Almost all configurations are kept at their default, but because of conflicts, a handful of them needed to be changed.
These modified options are configured in pyproject.toml, hence if your editor does not agree with CI, it is most likely due
to the config not being respected, or by using a different tool that may be used as a substitute.
Pre-Commit Hooks
All checks can be run on each commit with the Python package pre-commit.
First it needs to be installed:
sh
pip install pre-commit
And afterwards the git pre-commit hooks need to be created:
sh
pre-commit install
From now on, the hook will run the checks automatically for the changes in the commit (not all files).

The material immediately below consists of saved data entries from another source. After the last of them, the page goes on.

-- ===== src/Paths/Frame.antt =====
-- What a write at one path leaves alone.
use mathlib.Core.Option.{some-injective}
use ieum_agent.Base.{
  String, ◌≡◌, ◌≢◌, refl, sym, ◌∙◌, Option, none, some, List, inl, inr, [], ◌∷◌, arith,
}
use ieum_agent.Base.Dict.{lookup, lookup-insert}
use ieum_agent.Value.{Value, null, list, dict, end, entries}
use ieum_agent.Paths.{
  Segment, key, index, parse, child, fresh, container, get_segments, get_by_path, put, set_segments,
  set_by_path,
}
use ieum_agent.Paths.ReadWrite.{
  entries-of_entries, child-put, object_of, put_in-object, put_last-object,
}

-- Two paths that part at two keys of one dict.
pub data Diverges : List Segment → List Segment → Type 0 where
  apart : {k j : String} {p q : List Segment} → k ≢ j → Diverges (key k ∷ p) (key j ∷ q)
  along : {s : Segment} {p q : List Segment} → Diverges p q → Diverges (s ∷ p) (s ∷ q)

put_key-child :
    (pad : Value) (k j : String) (v cur cur' : Value)
    → k ≢ j
    → put pad (key k) v cur ≡ some cur'
    → child cur' (key j) ≡ child cur (key j)
unfolding put child
put_key-child pad k j v (dict es) cur' ne h =
    rw (← some-injective _ _ h, entries-of_entries)
      (ground (arith, lookup-insert j k v (entries es), ne))
put_key-child pad k j v cur cur' ne h = ground arith

abbrev read : Option Value → List Segment → Value
read none q = null
read (some v) q = get_segments v q

get_segments-cons :
    (cur : Value) (s : Segment) (q : List Segment) → get_segments cur (s ∷ q) ≡ read (child cur s) q
unfolding get_segments
get_segments-cons cur s q = ground arith

get_segments-no_child :
    (cur : Value) (s : Segment) (q : List Segment)
    → child cur s ≡ none
    → get_segments cur (s ∷ q) ≡ null
get_segments-no_child cur s q h = get_segments-cons cur s q ∙ rw h

fresh-child : (next t : Segment) → child (fresh next) t ≡ none
unfolding child lookup
fresh-child (key k) (key j) = refl
fresh-child (key k) (index j) = refl
fresh-child (index i) (key j) = refl
fresh-child (index i) (index j) = refl

-- A container made for the path reads as the missing one did.
container-read :
    (s next t : Segment) (q : List Segment) (o : Option Value)
    → get_segments (container s next o) (t ∷ q) ≡ read o (t ∷ q)
container-read (key k) next t q none = get_segments-no_child (fresh next) t q (fresh-child next t)
container-read (index i) next t q none =
    get_segments-no_child (dict end) t q (fresh-child (key "") t)
container-read s next t q (some (dict es)) = refl
container-read s next t q (some (list vs)) = refl
container-read s next t q (some v) =
    get_segments-no_child (fresh next) t q (fresh-child next t)
    ∙ sym (get_segments-no_child v t q (unfold child in refl))

-- The first step of a write leaves what stands under another key.
first_step :
    (k j : String) (p : List Segment) (value cur cur' : Value)
    → k ≢ j
    → object_of (set_segments (key k ∷ p) value cur) ≡ some cur'
    → child cur' (key j) ≡ child cur (key j)
unfolding set_segments
first_step k j [] value cur cur' ne h = elim (put_last-object (key k) value cur cur' h) [
  | inl (put_there, back) ↦ put_key-child null k j value cur cur' ne put_there
  | inr (same, absent, back) ↦ rw same
]
first_step k j (next ∷ p) value cur cur' ne h =
    let (v, inner, outer, back) = put_in-object (key k) value cur cur' _ h in
    put_key-child (dict end) k j v cur cur' ne outer

-- Under a shared segment the question is the one for the child.
under :
    (s next t : Segment) (p q : List Segment) (value cur cur' : Value)
    → ((v : Value)
        → object_of (set_segments (next ∷ p) value (container s next (child cur s))) ≡ some v
        → get_segments v (t ∷ q) ≡ get_segments (container s next (child cur s)) (t ∷ q))
    → object_of (set_segments (s ∷ next ∷ p) value cur) ≡ some cur'
    → get_segments cur' (s ∷ t ∷ q) ≡ get_segments cur (s ∷ t ∷ q)
unfolding set_segments
under s next t p q value cur cur' same h =
    let (v, inner, outer, back) = put_in-object s value cur cur' _ h in
    get_segments-cons cur' s (t ∷ q)
    ∙ rw (child-put (dict end) s v cur cur' outer) (
        same v inner
        ∙ container-read s next t q (child cur s)
        ∙ sym (get_segments-cons cur s (t ∷ q)))

set_segments-frame :
    {p q : List Segment} (value cur cur' : Value)
    → Diverges p q
    → object_of (set_segments p value cur) ≡ some cur'
    → get_segments cur' q ≡ get_segments cur q
set_segments-frame value cur cur' (apart {k} {j} {p} {q} ne) h =
    get_segments-cons cur' (key j) q
    ∙ rw (first_step k j p value cur cur' ne h) (sym (get_segments-cons cur (key j) q))
set_segments-frame value cur cur' (along {s} (apart {k} {j} {p} {q} ne)) h =
    under s (key k) (key j) p q value cur cur' (λ v e. set_segments-frame value _ v (apart ne) e) h
set_segments-frame value cur cur' (along {s} (along {s = t} {p} {q} d)) h =
    under s t t p q value cur cur' (λ v e. set_segments-frame value _ v (along d) e) h

-- A write that does not raise leaves every path alone that parts from its path at a key.
pub get-set_by_path_ne :
    (obj obj' : Value) (path other : String) (value : Value)
    → Diverges (parse path) (parse other)
    → object_of (set_by_path obj path value) ≡ some obj'
    → get_by_path obj' other ≡ get_by_path obj other
unfolding set_by_path get_by_path
get-set_by_path_ne obj obj' path other value d h = set_segments-frame value obj obj' d h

However, you can run the checks manually on all files if needed with the -a/--all flag:
sh
pre-commit run --all
Debugger
Python's included debugger pdb does not work for multi-processing and just crashes when the breakpoint is reached.
There is a workaround to make it work with multiple processes, which is included here, but it is far from pleasant to
use since the same TTY is shared and often alternates, making the debugging session frustrating, especially since the
readline features do not work with this workaround.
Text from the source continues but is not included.